Whiplash and La La Land director Damien Chazelle looks to continue his streak with First Man, a biopic on the first individual to step foot on the moon, astronaut Neil Armstrong. Chazelle directs Ryan Gosling in the lead role, with the rapidly rising Claire Foy playing his wife, Janet Armstrong. Reviews coming out of Venice, Telluride and Toronto film fests have been very, very strong, putting this one up there with A Star is Born as one of the more safer bets when it comes to award recognition.

Vox Lux

Natalie Portman could find herself in contention for her second Academy Award with Vox Lux, an epic melodrama about the rise of a troubled popstar. Jude Law and Willem Dafoe also star in this, the second film from actor turned filmmaker Brady Corbet. The film was met with rave responses at both Venice and Toronto, where reviewers gave high praise to Portman’s all-in turn and Corbet’s operatic direction. The film also features original songs by Sia, so don’t be surprised to see a nomination for Best Song among the possible nods.

Can You Ever Forgive Me?

Melissa McCarthy gets a little more serious with Can You Ever Forgive Me?, a drama with comedic elements telling the true story of an author who turns to deception after her career takes a dive. Judging by the reviews that have come from Telluride and Torontos film fests, McCarthy could be bestowed with her second Oscar nom here (her first was a Best Supporting nod for Bridesmaids) and co-star Richard E. Grant may also be in contention. This is the sophomore feature effort for Marielle Heller, whose gutsy coming-of-age film The Diary of a Teenage Girl earned critical acclaim but flew by mostly under the radar in 2015.

The Hate U Give

A teen movie with an ambitious message of unity and hope during these Black Lives Matter times, The Hate U Give could be one of the more “mainstream” entries to receive some Oscar nominations in 2019. Tackling police brutality and racial injustice, this adaptation of Angie Thomas’ acclaimed book of the same name was met very positively at its TIFF premiere. Perhaps noms for director George Tillman Jr. (Men of Honour, Notorious) and screenwriter Audrey Wells (Under the Tuscan Sun, A Dog’s Purpose) will be in order.

The Old Man & the Gun

The Old Man and the Gun is Robert Redford’s final screen performance before retirement. That’s enough to raise voter eyebrows off the bat, but it certainly helps if the film is considered to be very good. Another true story pic here, with Redford playing a man who, at age 70, escaped from San Quentin and pulled off an unprecedented string of heists that confounded authorities and enchanted the public. Reviews out of Telluride and Toronto have been calling it a highly enjoyable, lightweight film that is anchored by a charming, effortless Redford. The legendary actor could be up for a second gong for his swansong, as could co-star Sissy Spacek and writer-director David Lowery.
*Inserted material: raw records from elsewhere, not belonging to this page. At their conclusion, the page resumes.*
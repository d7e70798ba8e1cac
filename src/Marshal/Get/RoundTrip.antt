-- ===== src/Marshal/Get/RoundTrip.antt =====
-- `xdr_get` reads back what the encoding of RFC4506 says, and leaves what follows it.
use xdrpp.Common.{
  ℕ, zero, suc, ◌^◌, ◌≤◌, ◌<◌, ◌≡◌, refl, arith, Bool, true, List, [], ◌++◌, length, append_assoc,
  le→ltb,
}
use xdrpp.Common.Result.{ok, throw, stack_overflow}
use xdrpp.Types.{
  Ty, uint32, xarray, xvector, pointer, named, Kind, word, dword, nested, fixed_bytes,
  variable_bytes, kind, Val, num, bytes, seq, choice, Vals, size, Class, struct, union, Schema,
  with_mem_ptr, field_number, check_size,
}
use xdrpp.Types.Union.{field_number-ne-none}
use xdrpp.Marshal.{rfc_base}
use xdrpp.Marshal.Words.{
  be32, be64, length-be32, length-be64, get32_lem, get64_lem, read_be32-be32, read_be64-be64,
}
use xdrpp.Marshal.Bytes.{padded, get_bytes-padded, length-padded}
use xdrpp.Marshal.Get.{number, get_op, load_class, get_counted, load, get}
use xdrpp.Marshal.Put.Encode.{
  InRange, AllFit, ClassFits, KindFits, NestedFits, Fits, encode_elems, encode_active, encode_class,
  encode_kind, encode_nested, encode,
}
use xdrpp.Marshal.Get.Pieces.{
  check_lem, from_uint_lem, check_discriminant_lem, ActiveFits-ne-none, Archive, Gets, GetsWords,
  get_elems_lem, get_fields_lem, get_active_lem,
}

module _ (be : Bool) (s : Schema) where
  get_word_lem :
      (ld : Archive) (t : Ty) (u : ℕ) (rest : List ℕ)
      → u < 2 ^ 32
      → InRange t u
      → get_op (rfc_base be) s ld word t (be32 u ++ rest) ≡ ok (num u, rest)
  unfolding get_op
  get_word_lem ld t u rest h r = rw (
    check_lem 4 (be32 u) rest (omega (arith, length-be32 u)),
    get32_lem be (be32 u ++ rest),
    read_be32-be32 u rest h,
    from_uint_lem t u r,
  )

  get_string :
      (n : ℕ) (ld : Archive) (t : Ty) (bs rest : List ℕ)
      → length bs ≤ n
      → n < 2 ^ 32
      → get_op (rfc_base be) s ld (variable_bytes n) t (be32 (length bs) ++ (padded bs ++ rest))
        ≡ ok (bytes bs, rest)
  unfolding get_op check_size
  get_string n ld t bs rest h b = rw (
    check_lem 4 (be32 (length bs)) (padded bs ++ rest) (omega (arith, length-be32 (length bs))),
    get32_lem be (be32 (length bs) ++ (padded bs ++ rest)),
    read_be32-be32 (length bs) (padded bs ++ rest) (omega arith),
    check_lem (length bs) (padded bs) rest (omega (arith, length-padded bs)),
    le→ltb n (length bs) h,
    get_bytes-padded bs rest,
  )

  get_op_lem :
      (P : Ty → Val → Type 0) (enc : Ty → Val → List ℕ) (ld : Archive)
      → Gets P enc ld
      → (k : Kind) (t : Ty) (v : Val) (rest : List ℕ) → KindFits P k t v
      → get_op (rfc_base be) s ld k t (encode_kind enc k t v ++ rest) ≡ ok (v, rest)
  unfolding get_op
  get_op_lem P enc ld gets word t (num u) rest f = get_word_lem ld t u rest f.0 f.1
  get_op_lem P enc ld gets dword t (num u) rest f = rw (
    check_lem 8 (be64 u) rest (omega (arith, length-be64 u)),
    get64_lem be (be64 u ++ rest),
    read_be64-be64 u rest f,
  )
  get_op_lem P enc ld gets (fixed_bytes n) t (bytes bs) rest f = rw (← f.0) (
      rw (
        check_lem (length bs) (padded bs) rest (omega (arith, length-padded bs)),
        get_bytes-padded bs rest,
      ))
  get_op_lem P enc ld gets (variable_bytes n) t (bytes bs) rest f =
      rw (append_assoc (be32 (length bs)) (padded bs) rest) (get_string n ld t bs rest f.0 f.1)
  get_op_lem P enc ld gets nested t v rest f = gets t v rest f
  get_op_lem P enc ld gets _ _ _ rest f = absurd f

  module _ (P : Ty → Val → Type 0) (enc : Ty → Val → List ℕ) (ar : Archive) (gets : Gets P enc ar)
      (words : GetsWords ar) where
    load_class_lem :
        (k : ℕ) (c : Class) (v : Val) (rest : List ℕ)
        → s.validate k v ≡ true
        → ClassFits P c v
        → load_class (rfc_base be) s ar k c (encode_class enc c v ++ rest) ≡ ok (v, rest)
    unfolding load_class number
    load_class_lem k (struct ts) (seq vs) rest valid f =
        rw (get_fields_lem P enc ar gets ts vs rest f, valid)
    load_class_lem k (union tag fs) (choice d vs) rest valid f = rw (
      append_assoc (be32 d) (encode_active enc (with_mem_ptr fs d) vs) rest,
      words tag d (encode_active enc (with_mem_ptr fs d) vs ++ rest) f.0 f.1 f.2,
      check_discriminant_lem (field_number fs d)
          (field_number-ne-none fs d (ActiveFits-ne-none P (with_mem_ptr fs d) vs f.3)),
      get_active_lem P enc ar gets (with_mem_ptr fs d) vs rest f.3,
      valid,
    )
    load_class_lem _ _ _ rest valid f = absurd f

    get_counted_lem :
        (t : Ty) (bound : ℕ) (vs : Vals) (rest : List ℕ)
        → size vs ≤ bound
        → size vs < 2 ^ 32
        → AllFit (P t) vs
        → get_counted
            (rfc_base be)
            s
            ar
            t
            bound
            ((be32 (size vs) ++ encode_elems (enc t) vs) ++ rest)
          ≡ ok (seq vs, rest)
    unfolding get_counted number check_size
    get_counted_lem t bound vs rest h b f = rw (
      append_assoc (be32 (size vs)) (encode_elems (enc t) vs) rest,
      words uint32 (size vs) (encode_elems (enc t) vs ++ rest) (unfold kind in refl) b tt,
      le→ltb bound (size vs) h,
      get_elems_lem P enc ar gets bound t vs 0 rest (omega arith) f,
    )

    load_lem : Gets (NestedFits s P) (encode_nested s enc) (load (rfc_base be) s ar)
    unfolding load
    load_lem (xarray t n) (seq vs) rest f =
        rw (← f.0) (rw (get_elems_lem P enc ar gets (size vs) t vs 0 rest (omega arith) f.2))
    load_lem (xvector t n) (seq vs) rest f = get_counted_lem t n vs rest f.0 (omega arith) f.2
    load_lem (pointer t) (seq vs) rest f = get_counted_lem t 1 vs rest f.0 (omega arith) f.1
    load_lem (named k) v rest f = load_class_lem k (s.classes k) v rest f.0 f.1
    load_lem _ _ rest f = absurd f

  get-GetsWords : (limit : ℕ) → GetsWords (get (rfc_base be) s limit)
  unfolding get
  get-GetsWords zero t u rest k h r =
      rw k (get_word_lem (λ t inp. throw stack_overflow) t u rest h r)
  get-GetsWords (suc limit) t u rest k h r =
      rw k (get_word_lem (load (rfc_base be) s (get (rfc_base be) s limit)) t u rest h r)

  -- From the encoding of a value that fits its type, with any bytes behind it, `xdr_get` on a
  -- machine of either byte order returns that value and leaves those bytes.
  pub get-encode :
      (limit : ℕ) (t : Ty) (v : Val) (rest : List ℕ)
      → Fits s limit t v
      → get (rfc_base be) s limit t (encode s limit t v ++ rest) ≡ ok (v, rest)
  unfolding get Fits encode
  get-encode zero t v rest f =
      get_op_lem (λ t v. ⊥) (λ t v. []) _ (λ t v rest f. absurd f) (kind t) t v rest f
  get-encode (suc limit) t v rest f =
      get_op_lem (NestedFits s (Fits s limit)) (encode_nested s (encode s limit)) _
        (load_lem (Fits s limit) (encode s limit) _ (get-encode limit) (get-GetsWords limit))
        (kind t) t v rest f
The latter is again tackling very different fare, following Ain’t Them Bodies Saints, Pete’s Dragon and A Ghost Story.

Wildlife

Bradley Cooper may not be the only actor turned filmmaker earning a possible Best Director nomination in 2019. Paul Dano is receiving a lot of love for his family drama Wildlife, following the disintegration of a married couple played by Carey Mulligan and Jake Gyllenhaal. Mulligan is apparently very likely to receive her second Best Actress nom (An Education was her first), with Gyllenhaal in with a chance for a Supporting nod. It’s another safe choice for Oscar voters.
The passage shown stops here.